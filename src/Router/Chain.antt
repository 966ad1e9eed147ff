-- ===== src/Router/Chain.antt =====
-- The default `after` of MiddlewareInterface, and the status of rendered errors.
use adequate_api_cpp.Base.{
  ℕ, ◌≡◌, refl, ◌∙◌, Bool, ◌==◌, List, [], ◌∷◌, Str, All, ok, Bool-cases, inl, inr,
}
use adequate_api_cpp.Base.Decimal.{ℤ}
use adequate_api_cpp.Http.Libraries.{JsonLib, HttpLib}
use adequate_api_cpp.Http.Request.{Request}
use adequate_api_cpp.Http.Renderer
use adequate_api_cpp.Http.Renderer.{render, error}
use adequate_api_cpp.Router.{Middleware, run_after}

module _ {J : JsonLib} {H : HttpLib} {W : Type 0} where
  -- Middlewares that keep the `after` of the base class, which returns its response.
  abbrev pub IsDefaultAfter : Middleware J H W → Type 0
  IsDefaultAfter m = (q : Request) (res : H.Response) (w : W) → m.after q res w ≡ (ok res, w)

  pub run_after-default :
      (ms : List (Middleware J H W)) (res : H.Response) (q : Request) (w : W)
      → All IsDefaultAfter ms
      → run_after ms res (q, w) ≡ (ok res, (q, w))
  unfolding run_after
  run_after-default [] res q w d = refl
  run_after-default (m ∷ ms) res q w d = rw (d.0 q res w) (run_after-default ms res q w d.1)

module _ (J : JsonLib) (H : HttpLib) where
  open H use {
    status, status-make, status-set, status-erase, status-set_body, status-set_keep_alive,
    status-content_length, status-prepare_payload,
  }

  status-set_all :
      (hs : List (Str × Str)) (r : H.Response) → status (Renderer.set_all J H hs r) ≡ status r
  unfolding Renderer.set_all
  status-set_all [] r = refl
  status-set_all ((f, v) ∷ hs) r = status-set_all hs (H.set f v r) ∙ status-set f v r

  -- Whatever the headers and the body, the rendered response has the status that was asked for.
  pub status-render :
      (q : Request) (st : ℕ) (body : J.Json) (ka : Bool) (hs : List (Str × Str)) (ind : ℤ)
      → status (render J H q st body ka hs ind) ≡ st
  unfolding render
  status-render q st body ka hs ind = elim (Bool-cases (st == 204)) [
    | inl e ↦ rw e (
        simp (
          status-erase, status-content_length, status-set_body, status-set_keep_alive, status-set,
          status-set_all, status-make,
        ))
    | inr e ↦ rw e (
        simp (
          status-prepare_payload, status-set_body, status-set_keep_alive, status-set,
          status-set_all, status-make,
        ))
  ]

  pub status-error :
      (q : Request) (st : ℕ) (message : Str) (ka : Bool) (hs : List (Str × Str)) (ind : ℤ)
      → status (error J H q st message ka hs ind) ≡ st
  unfolding error
  status-error q st message ka hs ind = status-render q st _ ka hs ind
- - - - - - -
→ **What you will do**
Return every entry exactly.

→ **Response for this exercise**
filename src/Router/Chain.antt
repository 966ad1e9eed147ff
-- ===== src/Router/Chain.antt =====
-- The default `after` of MiddlewareInterface, and the status of rendered errors.
use adequate_api_cpp.Base.{
  ℕ, ◌≡◌, refl, ◌∙◌, Bool, ◌==◌, List, [], ◌∷◌, Str, All, ok, Bool-cases, inl, inr,
}
use adequate_api_cpp.Base.Decimal.{ℤ}
use adequate_api_cpp.Http.Libraries.{JsonLib, HttpLib}
use adequate_api_cpp.Http.Request.{Request}
use adequate_api_cpp.Http.Renderer
use adequate_api_cpp.Http.Renderer.{render, error}
use adequate_api_cpp.Router.{Middleware, run_after}

module _ {J : JsonLib} {H : HttpLib} {W : Type 0} where
  -- Middlewares that keep the `after` of the base class, which returns its response.
  abbrev pub IsDefaultAfter : Middleware J H W → Type 0
  IsDefaultAfter m = (q : Request) (res : H.Response) (w : W) → m.after q res w ≡ (ok res, w)

  pub run_after-default :
      (ms : List (Middleware J H W)) (res : H.Response) (q : Request) (w : W)
      → All IsDefaultAfter ms
      → run_after ms res (q, w) ≡ (ok res, (q, w))
  unfolding run_after
  run_after-default [] res q w d = refl
  run_after-default (m ∷ ms) res q w d = rw (d.0 q res w) (run_after-default ms res q w d.1)

module _ (J : JsonLib) (H : HttpLib) where
  open H use {
    status, status-make, status-set, status-erase, status-set_body, status-set_keep_alive,
    status-content_length, status-prepare_payload,
  }

  status-set_all :
      (hs : List (Str × Str)) (r : H.Response) → status (Renderer.set_all J H hs r) ≡ status r
  unfolding Renderer.set_all
  status-set_all [] r = refl
  status-set_all ((f, v) ∷ hs) r = status-set_all hs (H.set f v r) ∙ status-set f v r

  -- Whatever the headers and the body, the rendered response has the status that was asked for.
  pub status-render :
      (q : Request) (st : ℕ) (body : J.Json) (ka : Bool) (hs : List (Str × Str)) (ind : ℤ)
      → status (render J H q st body ka hs ind) ≡ st
  unfolding render
  status-render q st body ka hs ind = elim (Bool-cases (st == 204)) [
    | inl e ↦ rw e (
        simp (
          status-erase, status-content_length, status-set_body, status-set_keep_alive, status-set,
          status-set_all, status-make,
        ))
    | inr e ↦ rw e (
        simp (
          status-prepare_payload, status-set_body, status-set_keep_alive, status-set,
          status-set_all, status-make,
        ))
  ]

  pub status-error :
      (q : Request) (st : ℕ) (message : Str) (ka : Bool) (hs : List (Str × Str)) (ind : ℤ)
      → status (error J H q st message ka hs ind) ≡ st
  unfolding error
  status-error q st message ka hs ind = status-render q st _ ka hs ind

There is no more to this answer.